Among the aforementioned studies pointing out that women experience greater anxiety, Coşkun-Şentürk and Çırakoğlu (2017) state that women are more exposed to gender discrimination in society and that this may contribute to higher levels of MPA, while Iusca and Dafinoiu (2012) argue that teachers should use different teaching approaches (but do not mention which), as MPA is experienced differently between genders. For Yondem (2007), biological, psychological and cultural factors may influence female students’ experience of MPA, making them a high-risk group that needs help.

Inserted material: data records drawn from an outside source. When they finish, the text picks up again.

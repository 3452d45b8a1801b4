-- ===== src/Registry.antt =====
-- ddb/registry.py, class `Registry`: the objects of a kind by their unique name, in the order of
-- registration, with an optional cache behind them. The definitions; the children prove.
pub mod Validity
pub mod Laws
pub mod Mirror
pub mod Restart
pub mod History
mod Samples
use docker_devbox_ddb.Prelude.{
  String, ◌≡◌, Bool, true, false, not, ◌&&◌, ◌||◌, Option, none, some, List, [], ◌∷◌, ◌++◌, ◌==◌,
  Eq, remove?, Result, ok, err, if◌then◌else◌, ℕ,
}
use docker_devbox_ddb.Dict.{Dict, lookup, insert, remove, has_key}
use docker_devbox_ddb.Cache
use docker_devbox_ddb.Cache.{Cache, write_back, forget}

-- The `ValueError`s of registry.py, and the one of `list.remove`.
pub data RegistryError : Type 0 where
  no_name : RegistryError
  not_an_instance already_registered not_registered : String → RegistryError
  not_in_list : RegistryError

pub record Registry (A : Type 0) : Type 0 where
  pub objects : List A
  pub objects_dict : Dict A
  pub cache : Option (Cache A)

-- `Registry.__init__`
unfoldable pub new_registry : {A : Type 0} → Registry A
new_registry = record { objects = []; objects_dict = []; cache = none }

-- The class test `isinstance(obj, self._clazz)`, and `obj.name` for the objects that have one.
pub record ObjectClass (A : Type 0) : Type 0 where
  pub is_instance : A → Bool
  pub name_of : A → Option String

module _ {A : Type 0} ⦃e : Eq A⦄ where
  unfoldable pub register_impl : Registry A → String → A → Registry A × Result RegistryError A
  register_impl r name obj =
      if has_key name r.objects_dict then (r, err (already_registered name)) else (
        record {
          objects_dict = insert name obj r.objects_dict;
          objects = r.objects ++ obj ∷ [];
          cache = elim r.cache [ none ↦ none | some c ↦ some (write_back name obj c) ];
        },
        ok obj,
      )

  -- The name that is given, unless it is `None` or empty; else the object's own.
  abbrev pub effective_name : ObjectClass A → A → Option String → Option String
  effective_name clazz obj none = clazz.name_of obj
  effective_name clazz obj (some name) = if name == "" then clazz.name_of obj else some name

  abbrev pub register_as :
      ObjectClass A → Registry A → A → Option String → Registry A × Result RegistryError A
  register_as clazz r obj none = (r, err no_name)
  register_as clazz r obj (some name) =
      if clazz.is_instance obj then register_impl r name obj else (r, err (not_an_instance name))

  unfoldable pub register :
      ObjectClass A → Registry A → A → Option String → Registry A × Result RegistryError A
  register clazz r obj name = register_as clazz r obj (effective_name clazz obj name)

  -- The loop of `set_cache`: an exception of `register` ends it.
  unfoldable pub register_entries :
      ObjectClass A → Registry A → Dict A → Registry A × Result RegistryError (Unit {0})
  register_entries clazz r [] = (r, ok tt)
  register_entries clazz r ((key, value) ∷ entries) =
      let (r', outcome) = register clazz r value (some key) in
      elim outcome [ ok obj ↦ register_entries clazz r' entries | err x ↦ (r', err x) ]

  unfoldable pub set_cache :
      ObjectClass A → Registry A → Option (Cache A) → Registry A × Result RegistryError (Unit {0})
  unfolding register_entries
  set_cache clazz r none = (record r { cache = none }, ok tt)
  set_cache clazz r (some c) = register_entries clazz (record r { cache = some c }) c.entries

  unfoldable pub has : Registry A → String → Option A → Bool
  has r name none = has_key name r.objects_dict
  has r name (some obj) = elim (lookup name r.objects_dict) [ none ↦ false | some o ↦ e.beq o obj ]

  abbrev pub is_asked : A → Option A → Bool
  is_asked item none = true
  is_asked item (some obj) = e.beq item obj

  -- `some item` for `True`, where `callback(item)` has been called; `none` for `False`.
  unfoldable pub unregister_impl :
      Registry A → String → A → Option A → Registry A × Result RegistryError (Option A)
  unregister_impl r name item obj =
      if is_asked item obj
      then elim (remove? item r.objects) [
        | none ↦ (record r { objects_dict = remove name r.objects_dict }, err not_in_list)
        | some left ↦ (
          record {
            objects_dict = remove name r.objects_dict;
            objects = left;
            cache = elim r.cache [ none ↦ none | some c ↦ some (forget name c) ];
          },
          ok (some item),
        )
      ]
      else (r, ok none)

  unfoldable pub unregister :
      Registry A → String → Option A → Registry A × Result RegistryError (Option A)
  unfolding unregister_impl
  unregister r name obj = elim (lookup name r.objects_dict) [
    | none ↦ (r, err (not_registered name))
    | some item ↦ unregister_impl r name item obj
  ]

  unfoldable pub get : Registry A → String → Result RegistryError A
  get r name = elim (lookup name r.objects_dict) [
    | none ↦ err (not_registered name)
    | some obj ↦ ok obj
  ]

  unfoldable pub all : Registry A → List A
  all r = r.objects

  unfoldable pub clear : Registry A → Registry A
  clear r = record {
    objects = [];
    objects_dict = [];
    cache = elim r.cache [ none ↦ none | some c ↦ some (Cache.clear c) ];
  }

  -- The cache that was closed is handed out, to see what it keeps.
  unfoldable pub close : Registry A → Registry A × Option (Cache A)
  unfolding clear
  close r = (
    clear (record r { cache = none }),
    elim r.cache [ none ↦ none | some c ↦ some (Cache.flush c) ],
  )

Performance experience and age
With regard to performance experience and age, studies suggest that the number of years of musical training may influence MPA levels: the more years of musical experience, the lower the MPA. According to Hamann (1982), years of study or performance experience have a positive effect on MPA levels and the quality of performance in the presence of a judging panel. Other studies are consistent with this perspective; for example, Steptoe and Fidler (1987) negatively correlated stage fright with age and performance experience (the greater the age and experience, the lower the stage fright). Similarly, Paliaukiene et al. (2018) associated high levels of MPA with less performance experience, and Kenny et al. (2011) correlated performance experience with significantly lower levels of MPA.
In relation to age, according to Zarza et al. (2018) and Kirchner et al. (2008), the age at which one begins to learn the instrument is linked to anxiety levels, as students who begin their studies earlier have fewer anxiety symptoms. However, for Cox and Kenardy (1993), performance experience did not determine anxiety levels.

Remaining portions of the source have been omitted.